Bouger pour le plaisir

Yoga, marche, danse, natation, escalade, vélo. Le corps y trouve son compte autant que la tête.

Intellectuels

Nourrir sa curiosité

Lecture, écriture, échecs, apprentissage d’une langue, généalogie. De quoi tenir sur la durée.

Manuels et pratiques

Utile et gratifiant

Jardinage, cuisine, pâtisserie, bricolage, photographie. Des activités qui servent aussi au quotidien.

Sociaux

À partager

Chorale, théâtre amateur, clubs de lecture, bénévolat. Ceux qu’on pratique à plusieurs, pour le lien autant que pour l’activité.

Cette liste n’a rien d’exhaustif, et c’est tant mieux : le meilleur hobby est souvent celui auquel on n’aurait pas pensé.
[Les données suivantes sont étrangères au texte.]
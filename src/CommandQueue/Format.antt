-- ===== src/CommandQueue/Format.antt =====
-- The formats of the commands, as the comments of `process_commands` in iommu_command_queue.c and
-- `command_t` of iommu_command_queue.h describe them, and the checks on them.
use riscv_iommu_dv_model.Prelude.{
  ℕ, ◌-◌, ◌^◌, ◌<◌, Bool, true, false, not, ◌&&◌, ◌||◌, ◌≡◌, ◌≢◌, refl, ◌⊎◌, inl, inr, arith,
  Bool-cases, or-intro, ◌==◌, ltb, get_bits, bit_and,
}
use riscv_iommu_dv_model.Iommu.{Iommu}
use riscv_iommu_dv_model.CommandQueue.{
  iotinval_reserved, iodir_reserved, iofence_reserved, ats_reserved, func3, opcode, pid_too_wide,
}

module _ {W : Type 0} (s : Iommu W) (c : ℕ) where
  -- The reserved fields of IOTINVAL are 0; NL and S are reserved where the capability is missing.
  pub record IotinvalClear : Type 0 where
    rsvd : get_bits 11 11 c ≡ 0
    rsvd1 : get_bits 43 35 c ≡ 0
    rsvd2 : get_bits 63 60 c ≡ 0
    rsvd3 : get_bits 72 64 c ≡ 0
    rsvd4 : get_bits 127 126 c ≡ 0
    nl_supported : get_bits 34 34 c ≢ 0 → s.reg_file.capabilities.nl ≡ true
    s_supported : get_bits 73 73 c ≢ 0 → s.reg_file.capabilities.s ≡ true

  pub record IodirClear : Type 0 where
    rsvd : get_bits 11 10 c ≡ 0
    rsvd1 : get_bits 32 32 c ≡ 0
    rsvd2 : get_bits 39 34 c ≡ 0
    rsvd3 : get_bits 127 64 c ≡ 0

  -- WSI is reserved where the IOMMU is set to signal by MSI, by `fctl.wsi`.
  pub record IofenceClear : Type 0 where
    reserved : get_bits 31 14 c ≡ 0
    reserved1 : get_bits 127 126 c ≡ 0
    wsi_allowed : get_bits 11 11 c ≡ 1 → s.reg_file.fctl.wsi ≡ true

  pub record AtsClear : Type 0 where
    ats_supported : s.reg_file.capabilities.ats ≡ true
    rsvd : get_bits 11 10 c ≡ 0
    rsvd1 : get_bits 39 34 c ≡ 0

  -- The device id has no bit that the reset of the IOMMU left out of the mask `max_devid_mask`. The comments
  -- in the source speak of the width that the directory mode in `ddtp` supports, which may be smaller.
  abbrev pub DidFits : Type 0
  DidFits = bit_and (get_bits 63 40 c) (2 ^ 32 - 1 - s.max_devid_mask) ≡ 0

  -- A process id has 8 bits, 17 with the capability PD17, and 20 with PD20.
  abbrev pub PidFits : Type 0
  PidFits =
      (s.reg_file.capabilities.pd20 ≡ true)
      ⊎ ((s.reg_file.capabilities.pd17 ≡ true) × (get_bits 31 12 c < 2 ^ 17))
      ⊎ (get_bits 31 12 c < 2 ^ 8)

  -- The legal commands: a known opcode and function, reserved fields that are 0, and operands that fit.
  pub data IsLegal : Type 0 where
    iotinval_vma : opcode c ≡ 1 → func3 c ≡ 0 → IotinvalClear → IsLegal
    iotinval_gvma : opcode c ≡ 1 → func3 c ≡ 1 → IotinvalClear → get_bits 32 32 c ≡ 0 → IsLegal
    iodir_inval_ddt :
        opcode c ≡ 3
        → func3 c ≡ 0
        → IodirClear
        → get_bits 31 12 c ≡ 0
        → (get_bits 33 33 c ≢ 0 → DidFits)
        → IsLegal
    iodir_inval_pdt :
        opcode c ≡ 3 → func3 c ≡ 1 → IodirClear → get_bits 33 33 c ≡ 1 → DidFits → PidFits → IsLegal
    iofence_c : opcode c ≡ 2 → func3 c ≡ 0 → IofenceClear → IsLegal
    ats_inval : opcode c ≡ 4 → func3 c ≡ 0 → AtsClear → IsLegal
    ats_prgr : opcode c ≡ 4 → func3 c ≡ 1 → AtsClear → IsLegal

or-elim : (a b : Bool) → a ≡ false → b ≡ false → (a || b) ≡ false
or-elim a b h k = rw h k

not-not : (a : Bool) → not a ≡ false → a ≡ true
not-not true h = refl
not-not false h = absurd cc

-- The bounds on a process id, for the capabilities PD20 and PD17.
pid_intro :
    (p20 p17 : Bool) (n : ℕ)
    → ((not p20 && ltb (2 ^ 17 - 1) n) || (not p20 && not p17 && ltb (2 ^ 8 - 1) n)) ≡ false
    → (p20 ≡ true) ⊎ ((p17 ≡ true) × (n < 2 ^ 17)) ⊎ (n < 2 ^ 8)
pid_intro true p17 n h = inl refl
pid_intro false true n h = inr (inl (refl, ground arith))
pid_intro false false n h = inr (inr (ground arith))

pid_elim :
    (p20 p17 : Bool) (n : ℕ)
    → (p20 ≡ true) ⊎ ((p17 ≡ true) × (n < 2 ^ 17)) ⊎ (n < 2 ^ 8)
    → ((not p20 && ltb (2 ^ 17 - 1) n) || (not p20 && not p17 && ltb (2 ^ 8 - 1) n)) ≡ false
pid_elim p20 p17 n h = ground arith

-- Reserved fields one by one: a test that fails says that the field is 0, and so do the rest.
reserved-intro : (b : Bool) (n : ℕ) → (b || not (n == 0)) ≡ false → (b ≡ false) × (n ≡ 0)
reserved-intro b n h = ground arith

reserved-elim : (b : Bool) (n : ℕ) → b ≡ false → n ≡ 0 → (b || not (n == 0)) ≡ false
reserved-elim b n h k = ground arith

pub clear-intro : (n : ℕ) → not (n == 0) ≡ false → n ≡ 0
clear-intro n h = ground arith

pub clear-elim : (n : ℕ) → n ≡ 0 → not (n == 0) ≡ false
clear-elim n h = ground arith

supported-intro : (p : Bool) (n : ℕ) → (not p && not (n == 0)) ≡ false → n ≢ 0 → p ≡ true
supported-intro p n h k = ground arith

supported-elim : (p : Bool) (n : ℕ) → (n ≢ 0 → p ≡ true) → (not p && not (n == 0)) ≡ false
supported-elim true n h = refl
supported-elim false n h = elim (Bool-cases (n == 0)) [
  | inl y ↦ rw y refl
  | inr m ↦ absurd (ground (arith, h (λ e. ground arith)))
]

wsi-intro : (p : Bool) (n : ℕ) → (not p && n == 1) ≡ false → n ≡ 1 → p ≡ true
wsi-intro p n h k = ground arith

wsi-elim : (p : Bool) (n : ℕ) → (n ≡ 1 → p ≡ true) → (not p && n == 1) ≡ false
wsi-elim true n h = refl
wsi-elim false n h = elim (Bool-cases (n == 1)) [
  | inr y ↦ rw y refl
  | inl m ↦ absurd (ground (arith, h (ground arith)))
]

module _ {W : Type 0} (s : Iommu W) (c : ℕ) where
  pub IotinvalClear-intro : iotinval_reserved s c ≡ false → IotinvalClear s c
  unfolding iotinval_reserved
  IotinvalClear-intro h0 =
      let (h1, m) = or-intro _ _ h0 in
      let (h2, n) = or-intro _ _ h1 in
      let (h3, r4) = reserved-intro _ _ h2 in
      let (h4, r3) = reserved-intro _ _ h3 in
      let (h5, r2) = reserved-intro _ _ h4 in
      let (h6, r1) = reserved-intro _ _ h5 in
      record {
        rsvd = clear-intro _ h6;
        rsvd1 = r1;
        rsvd2 = r2;
        rsvd3 = r3;
        rsvd4 = r4;
        nl_supported = supported-intro _ _ n;
        s_supported = supported-intro _ _ m;
      }

  pub IotinvalClear-elim : IotinvalClear s c → iotinval_reserved s c ≡ false
  unfolding iotinval_reserved
  IotinvalClear-elim h =
      let h1 = reserved-elim _ _ (clear-elim _ h.rsvd) h.rsvd1 in
      let h2 = reserved-elim _ _ (reserved-elim _ _ h1 h.rsvd2) h.rsvd3 in
      let h3 = reserved-elim _ _ h2 h.rsvd4 in
      or-elim _ _ (or-elim _ _ h3 (supported-elim _ _ h.nl_supported))
        (supported-elim _ _ h.s_supported)

  pub IodirClear-intro : iodir_reserved c ≡ false → IodirClear s c
  unfolding iodir_reserved
  IodirClear-intro h0 =
      let (h1, r3) = reserved-intro _ _ h0 in
      let (h2, r2) = reserved-intro _ _ h1 in
      let (h3, r1) = reserved-intro _ _ h2 in
      record { rsvd = clear-intro _ h3; rsvd1 = r1; rsvd2 = r2; rsvd3 = r3 }

  pub IodirClear-elim : IodirClear s c → iodir_reserved c ≡ false
  unfolding iodir_reserved
  IodirClear-elim h =
      let h1 = reserved-elim _ _ (clear-elim _ h.rsvd) h.rsvd1 in
      reserved-elim _ _ (reserved-elim _ _ h1 h.rsvd2) h.rsvd3

  pub IofenceClear-intro : iofence_reserved s c ≡ false → IofenceClear s c
  unfolding iofence_reserved
  IofenceClear-intro h0 =
      let (h1, w) = or-intro _ _ h0 in
      let (h2, r1) = reserved-intro _ _ h1 in
      record { reserved = clear-intro _ h2; reserved1 = r1; wsi_allowed = wsi-intro _ _ w }

  pub IofenceClear-elim : IofenceClear s c → iofence_reserved s c ≡ false
  unfolding iofence_reserved
  IofenceClear-elim h =
      or-elim _ _ (reserved-elim _ _ (clear-elim _ h.reserved) h.reserved1)
        (wsi-elim _ _ h.wsi_allowed)

  pub AtsClear-intro : ats_reserved s c ≡ false → AtsClear s c
  unfolding ats_reserved
  AtsClear-intro h0 =
      let (h1, r1) = reserved-intro _ _ h0 in
      let (h2, r) = reserved-intro _ _ h1 in
      record { ats_supported = not-not _ h2; rsvd = r; rsvd1 = r1 }

  pub AtsClear-elim : AtsClear s c → ats_reserved s c ≡ false
  unfolding ats_reserved
  AtsClear-elim h = reserved-elim _ _ (reserved-elim _ _ (rw h.ats_supported refl) h.rsvd) h.rsvd1

  pub PidFits-intro : pid_too_wide s (get_bits 31 12 c) ≡ false → PidFits s c
  PidFits-intro h = pid_intro _ _ _ h

  pub PidFits-elim : PidFits s c → pid_too_wide s (get_bits 31 12 c) ≡ false
  PidFits-elim h = pid_elim _ _ _ h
Comment trouver un hobby qui vous correspond

Chercher un hobby « parce qu’il en faut un » mène rarement quelque part. Ce qui fonctionne mieux, c’est de partir de soi. De combien de temps disposez-vous vraiment ? Une activité qui demande une demi-journée d’installation ne tiendra pas si vos créneaux sont des bouts de soirée. Mieux vaut un hobby qui s’accommode de vingt minutes qu’une belle idée qu’on ne sort jamais du placard.

Qu’est-ce qui vous attire, sans utilité derrière ? Le hobby n’a pas à être rentable ni impressionnant. Si l’idée de passer une heure à cela vous détend rien qu’à y penser, c’est bon signe. À l’inverse, une activité choisie pour bien paraître s’essouffle vite. Et quel budget êtes-vous à l’aise d’y mettre ? Beaucoup de hobbies coûtent presque rien — la marche, la lecture, l’écriture, le dessin —, d’autres demandent du matériel : commencer petit permet de tester une envie avant d’investir.

« Hobbies » est-il déjà un pluriel ?

Oui. « Hobbies » est le pluriel de « hobby », formé sur le modèle anglais qui transforme le -y final en -ies. Au singulier, on écrit toujours « hobby ».

Peut-on écrire « hobbys » en français ?

Oui. « Hobbys », avec un simple -s, est le pluriel francisé recommandé par les rectifications orthographiques de 1990. Il coexiste avec « hobbies », plus courant à l’écrit. Les deux sont corrects.

Quelle différence entre un hobby et une passion ?

Le hobby est une activité de loisir régulière, pratiquée pour le plaisir. La passion marque une intensité et un investissement plus forts, qui touchent souvent à l’identité et prennent une vraie place dans la vie.

Quel hobby choisir quand on manque de temps ?

Privilégiez une activité qui se pratique par petits créneaux et sans longue installation : lecture, écriture, dessin, marche, tricot. Mieux vaut un hobby facile à sortir qu’une belle idée qui reste dans le placard.

Un hobby ne se décrète pas, il se découvre en le pratiquant — et il a le droit d’évoluer, de changer, voire de laisser sa place à un autre quand l’envie n’y est plus.